TASK OBJECTIVE
Among the records that follow, set down only the lines from the one containing "Rate = Unit;" to the one containing "-- ===== src/Security/TimeoutManager.antt", both included, exactly.

RECORDS TO PROCESS
* * * * * * *

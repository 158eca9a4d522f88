-- ===== src/Security/Limiter.antt =====
-- golang.org/x/time/rate, as far as pkg/security/ratelimit.go uses it: a token bucket with its two
-- operations, which read the clock and the context off a world `W`.
use aixgo.Common.{ℕ, Bool, Option}

pub record LimiterPackage : Type 1 where
  pub W : Type 0
  pub Rate : Type 0
  pub Limiter : Type 0
  pub WaitError : Type 0
  pub new_limiter : Rate → ℕ → Limiter
  -- `Allow` takes a token if there is one, and says whether it did.
  pub allow : Limiter → W → Bool × Limiter
  -- `Wait` lets time pass, and takes a token unless the context ends first.
  pub wait : Limiter → W → W × Limiter × Option WaitError
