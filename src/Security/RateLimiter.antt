-- ===== src/Security/RateLimiter.antt =====
-- RateLimiter of pkg/security/ratelimit.go: one token bucket for all requests, and one for each
-- client, made at the client's first request that the common bucket lets through. The limiters
-- are shared pointers in the source; here the map is written after each use of one.
pub mod Laws
use aixgo.Common.{ℕ, if◌then◌else◌, Bool, true, false, [], Option, none, some, String}
use aixgo.Common.Maps.{Map, lookup, insert}
use aixgo.Security.Limiter.{LimiterPackage}

pub data RateError (E : Type 0) : Type 0 where
  global_rate_limit : E → RateError E
  client_rate_limit : E → RateError E

module _ (p : LimiterPackage) where
  open p use {W, Rate, Limiter, WaitError, new_limiter}

  pub record RateLimiter : Type 0 where
    pub global_limiter : Limiter
    pub client_limiters : Map Limiter
    pub requests_per_second : Rate
    pub burst : ℕ

  pub new_rate_limiter : Rate → ℕ → RateLimiter
  new_rate_limiter requests_per_second burst = record {
    global_limiter = new_limiter requests_per_second burst;
    client_limiters = [];
    requests_per_second = requests_per_second;
    burst = burst;
  }

  -- The client's limiter, and the map, which holds it from now on.
  get_client_limiter : RateLimiter → String → Limiter × RateLimiter
  get_client_limiter rl client = elim (lookup client rl.client_limiters) [
    | some limiter ↦ (limiter, rl)
    | none ↦
        let limiter = new_limiter rl.requests_per_second rl.burst in
        (limiter, record rl { client_limiters = insert client limiter rl.client_limiters })
  ]

  unfoldable pub allow : RateLimiter → String → W → Bool × RateLimiter
  unfolding get_client_limiter
  allow rl client w =
      let (ok, global) = p.allow rl.global_limiter w in
      let rl' = record rl { global_limiter = global } in
      if ok
      then (let (limiter, rl'') = get_client_limiter rl' client in
          let (ok', limiter') = p.allow limiter w in
          (ok', record rl'' { client_limiters = insert client limiter' rl''.client_limiters }))
      else (false, rl')

  wait_client : RateLimiter → String → W → W × RateLimiter × Option (RateError WaitError)
  unfolding get_client_limiter
  wait_client rl client w =
      let (limiter, rl') = get_client_limiter rl client in
      let (w', limiter', e) = p.wait limiter w in
      let rl'' = record rl' { client_limiters = insert client limiter' rl'.client_limiters } in
      (w', rl'', elim e [ none ↦ none | some x ↦ some (client_rate_limit x) ])

  pub wait : RateLimiter → String → W → W × RateLimiter × Option (RateError WaitError)
  unfolding wait_client
  wait rl client w =
      let (w', global, e) = p.wait rl.global_limiter w in
      let rl' = record rl { global_limiter = global } in
      elim e [ none ↦ wait_client rl' client w' | some x ↦ (w', rl', some (global_rate_limit x)) ]
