-- ===== src/Security/RateLimiter/Laws.antt =====
-- Which buckets a request touches.
use aixgo.Common.{
  ◌≡◌, ◌≢◌, ◌↔◌, ◌⊎◌, true, if◌then◌else◌, none, some, String, arith, string_discrete, ite,
}
use aixgo.Common.Maps.{lookup, insert, lookup-insert}
use aixgo.Security.Limiter.{LimiterPackage}
use aixgo.Security.RateLimiter.{
  RateLimiter, global_rate_limit, get_client_limiter, allow, wait_client, wait,
}

module _ (p : LimiterPackage) where
  open p use {W, Limiter, new_limiter}

  -- The bucket that a client has, or gets at its first request.
  abbrev pub bucket : RateLimiter p → String → Limiter
  bucket rl client = elim (lookup client rl.client_limiters) [
    | some limiter ↦ limiter
    | none ↦ new_limiter rl.requests_per_second rl.burst
  ]

  put :
      (client other : String) (l : Limiter) (rl : RateLimiter p)
      → lookup other (insert client l rl.client_limiters)
        ≡ ite (string_discrete client other) (some l) (lookup other rl.client_limiters)
  put client other l rl = lookup-insert client other l rl.client_limiters

  get_client_limiter-bucket :
      (rl : RateLimiter p) (client other : String)
      → let (l, rl') = get_client_limiter p rl client in
        (l ≡ bucket rl client)
        × (rl'.global_limiter ≡ rl.global_limiter)
        × (client ≢ other → lookup other rl'.client_limiters ≡ lookup other rl.client_limiters)
  unfolding get_client_limiter
  get_client_limiter-bucket rl client other =
      ground (arith, put client other (new_limiter rl.requests_per_second rl.burst) rl)

  -- A request is allowed exactly when the common bucket and the client's own bucket both have a
  -- token. Every request uses the common bucket. Only a request that the common bucket lets through
  -- uses the client's bucket, or makes one; the buckets of other clients are left alone.
  pub allow_buckets :
      (rl : RateLimiter p) (client other : String) (w : W)
      → client ≢ other
      → let global = p.allow rl.global_limiter w in
        let own = p.allow (bucket rl client) w in
        let (ok, rl') = allow p rl client w in
        ((ok ≡ true) ↔ ((global.0 ≡ true) × (own.0 ≡ true)))
        × (rl'.global_limiter ≡ global.1)
        × (lookup client rl'.client_limiters
            ≡ (if global.0 then some own.1 else lookup client rl.client_limiters))
        × (lookup other rl'.client_limiters ≡ lookup other rl.client_limiters)
  unfolding allow
  allow_buckets rl client other w h =
      let global = p.allow rl.global_limiter w in
      let rl' : RateLimiter p = record rl { global_limiter = global.1 } in
      let (l, rl'') = get_client_limiter p rl' client in
      let used = (p.allow l w).1 in
      ground (
        arith,
        get_client_limiter-bucket rl' client other,
        put client other used rl'',
        put client client used rl'',
      )

  -- `Wait` waits on the common bucket first. If that fails, no client bucket is made or used, and
  -- the error is the common one; otherwise it waits on the client's own bucket, which is kept, and
  -- succeeds or fails with that. The buckets of other clients are left alone.
  pub wait_buckets :
      (rl : RateLimiter p) (client other : String) (w : W)
      → client ≢ other
      → let (w₁, global, e) = p.wait rl.global_limiter w in
        let (w₂, own, e') = p.wait (bucket rl client) w₁ in
        let (after, rl', result) = wait p rl client w in
        (rl'.global_limiter ≡ global)
        × (lookup other rl'.client_limiters ≡ lookup other rl.client_limiters)
        × (((e ≡ none)
              × (after ≡ w₂)
              × (lookup client rl'.client_limiters ≡ some own)
              × ((result ≡ none) ↔ (e' ≡ none)))
            ⊎ ((e ≢ none)
                × (after ≡ w₁)
                × (rl'.client_limiters ≡ rl.client_limiters)
                × (result ≡ elim e [ none ↦ none | some x ↦ some (global_rate_limit x) ])))
  unfolding wait wait_client
  wait_buckets rl client other w h =
      let (w₁, global, e) = p.wait rl.global_limiter w in
      let rl' : RateLimiter p = record rl { global_limiter = global } in
      let (l, rl'') = get_client_limiter p rl' client in
      let used = (p.wait l w₁).1 in
      ground (
        arith,
        get_client_limiter-bucket rl' client other,
        put client other used rl'',
        put client client used rl'',
      )
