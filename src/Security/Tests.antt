-- ===== src/Security/Tests.antt =====
-- Runs of the rate limiters and of the timeout manager. The bucket of the tests counts its tokens
-- down and never refills; waiting for a token takes one tick, and fails without one.
use aixgo.Common.{
  ℕ, zero, suc, ◌+◌, ◌≡◌, ◌≢◌, ◌↔◌, refl, List, [], ◌∷◌, Bool, true, false, Option, none, some,
  String, string_discrete, string_ne,
}
use aixgo.Common.Maps.{lookup, insert}
use aixgo.Security.Limiter.{LimiterPackage}
use aixgo.Security.RateLimiter
use aixgo.Security.RateLimiter.{RateLimiter, RateError, global_rate_limit}
use aixgo.Security.RateLimiter.Laws.{bucket, allow_buckets}

abbrev take_token : ℕ → Bool × ℕ
take_token zero = (false, 0)
take_token (suc n) = (true, n)

abbrev wait_token : ℕ → ℕ → ℕ × ℕ × Option (Unit {0})
wait_token zero w = (w, 0, some tt)
wait_token (suc n) w = (w + 1, n, none)

abbrev tokens : LimiterPackage
tokens = record {
  W = ℕ;
  Rate = Unit;
  Limiter = ℕ;
  WaitError = Unit;
  new_limiter = λ _ burst. burst;
  allow = λ l w. take_token l;
  wait = wait_token;
}

abbrev limiter : RateLimiter tokens
limiter = record {
  global_limiter = 3;
  client_limiters = ("ann", 1) ∷ [];
  requests_per_second = tt;
  burst = 2;
}

-- Two requests of a client with one token: the second is refused, though the common bucket has one.
second_refused :
    (RateLimiter.allow tokens (RateLimiter.allow tokens limiter "ann" 0).1 "ann" 0).0 ≡ false
unfolding RateLimiter.allow lookup insert string_discrete
second_refused = refl

bob_ne_ann : ◌≢◌ {A = String} "bob" "ann"
bob_ne_ann = string_ne "bob" "ann" refl

allow_buckets_example :
    let (ok, rl') = RateLimiter.allow tokens limiter "bob" 0 in
    ((ok ≡ true)
      ↔ (((take_token 3).0 ≡ true) × ((take_token (bucket tokens limiter "bob")).0 ≡ true)))
    × (rl'.global_limiter ≡ 2)
    × (lookup "bob" rl'.client_limiters ≡ some (take_token (bucket tokens limiter "bob")).1)
    × (lookup "ann" rl'.client_limiters ≡ lookup "ann" limiter.client_limiters)
allow_buckets_example = allow_buckets tokens limiter "bob" "ann" 0 bob_ne_ann

abbrev settings : List (String × ℕ)
settings = ("git", 5) ∷ ("shell", 7) ∷ ("git", 9) ∷ []
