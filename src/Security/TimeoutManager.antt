-- ===== src/Security/TimeoutManager.antt =====
-- TimeoutManager of pkg/security/ratelimit.go. A duration is a number of nanoseconds.
use aixgo.Common.{ℕ, ◌≡◌, [], none, some, String, ite, string_discrete, arith, List, ◌∷◌}
use aixgo.Common.Maps.{Map, lookup, insert, lookup-insert}

pub record TimeoutManager : Type 0 where
  pub default_timeout : ℕ
  pub tool_timeouts : Map ℕ

pub new_timeout_manager : ℕ → TimeoutManager
new_timeout_manager default_timeout = record {
  default_timeout = default_timeout;
  tool_timeouts = [];
}

pub set_tool_timeout : TimeoutManager → String → ℕ → TimeoutManager
set_tool_timeout tm tool timeout = record tm {
  tool_timeouts = insert tool timeout tm.tool_timeouts;
}

pub get_timeout : TimeoutManager → String → ℕ
get_timeout tm tool = elim (lookup tool tm.tool_timeouts) [
  | some timeout ↦ timeout
  | none ↦ tm.default_timeout
]

-- A history of settings, oldest first.
pub set_all : TimeoutManager → List (String × ℕ) → TimeoutManager
set_all tm [] = tm
set_all tm ((tool, timeout) ∷ rest) = set_all (set_tool_timeout tm tool timeout) rest

-- The timeout that the newest setting for the tool gave, or `t` if there is none.
pub last_set : String → ℕ → List (String × ℕ) → ℕ
last_set tool t [] = t
last_set tool t ((other, timeout) ∷ rest) =
    last_set tool (ite (string_discrete other tool) timeout t) rest

get_timeout-set_tool_timeout :
    (tm : TimeoutManager) (tool other : String) (timeout : ℕ)
    → get_timeout (set_tool_timeout tm other timeout) tool
      ≡ ite (string_discrete other tool) timeout (get_timeout tm tool)
unfolding get_timeout set_tool_timeout
get_timeout-set_tool_timeout tm tool other timeout =
    ground (arith, lookup-insert other tool timeout tm.tool_timeouts)

get_timeout-set_all_from :
    (tm : TimeoutManager) (sets : List (String × ℕ)) (tool : String)
    → get_timeout (set_all tm sets) tool ≡ last_set tool (get_timeout tm tool) sets
unfolding set_all last_set
get_timeout-set_all_from tm [] tool = ground arith
get_timeout-set_all_from tm ((other, timeout) ∷ rest) tool = ground (
  arith,
  get_timeout-set_all_from (set_tool_timeout tm other timeout) rest tool,
  get_timeout-set_tool_timeout tm tool other timeout,
)

-- After any history of settings a tool has the timeout that was set for it last, or the default
-- one if none was.
pub get_timeout-set_all :
    (default_timeout : ℕ) (sets : List (String × ℕ)) (tool : String)
    → get_timeout (set_all (new_timeout_manager default_timeout) sets) tool
      ≡ last_set tool default_timeout sets
unfolding new_timeout_manager get_timeout lookup
get_timeout-set_all default_timeout sets tool =
    get_timeout-set_all_from (new_timeout_manager default_timeout) sets tool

* * * * * * *

RESULT BELOW
  Rate = Unit;
  Limiter = ℕ;
  WaitError = Unit;
  new_limiter = λ _ burst. burst;
  allow = λ l w. take_token l;
  wait = wait_token;
}

abbrev limiter : RateLimiter tokens
limiter = record {
  global_limiter = 3;
  client_limiters = ("ann", 1) ∷ [];
  requests_per_second = tt;
  burst = 2;
}

-- Two requests of a client with one token: the second is refused, though the common bucket has one.
second_refused :
    (RateLimiter.allow tokens (RateLimiter.allow tokens limiter "ann" 0).1 "ann" 0).0 ≡ false
unfolding RateLimiter.allow lookup insert string_discrete
second_refused = refl

bob_ne_ann : ◌≢◌ {A = String} "bob" "ann"
bob_ne_ann = string_ne "bob" "ann" refl

allow_buckets_example :
    let (ok, rl') = RateLimiter.allow tokens limiter "bob" 0 in
    ((ok ≡ true)
      ↔ (((take_token 3).0 ≡ true) × ((take_token (bucket tokens limiter "bob")).0 ≡ true)))
    × (rl'.global_limiter ≡ 2)
    × (lookup "bob" rl'.client_limiters ≡ some (take_token (bucket tokens limiter "bob")).1)
    × (lookup "ann" rl'.client_limiters ≡ lookup "ann" limiter.client_limiters)
allow_buckets_example = allow_buckets tokens limiter "bob" "ann" 0 bob_ne_ann

abbrev settings : List (String × ℕ)
settings = ("git", 5) ∷ ("shell", 7) ∷ ("git", 9) ∷ []
filename src/Security/TimeoutManager.antt
-- ===== src/Security/TimeoutManager.antt =====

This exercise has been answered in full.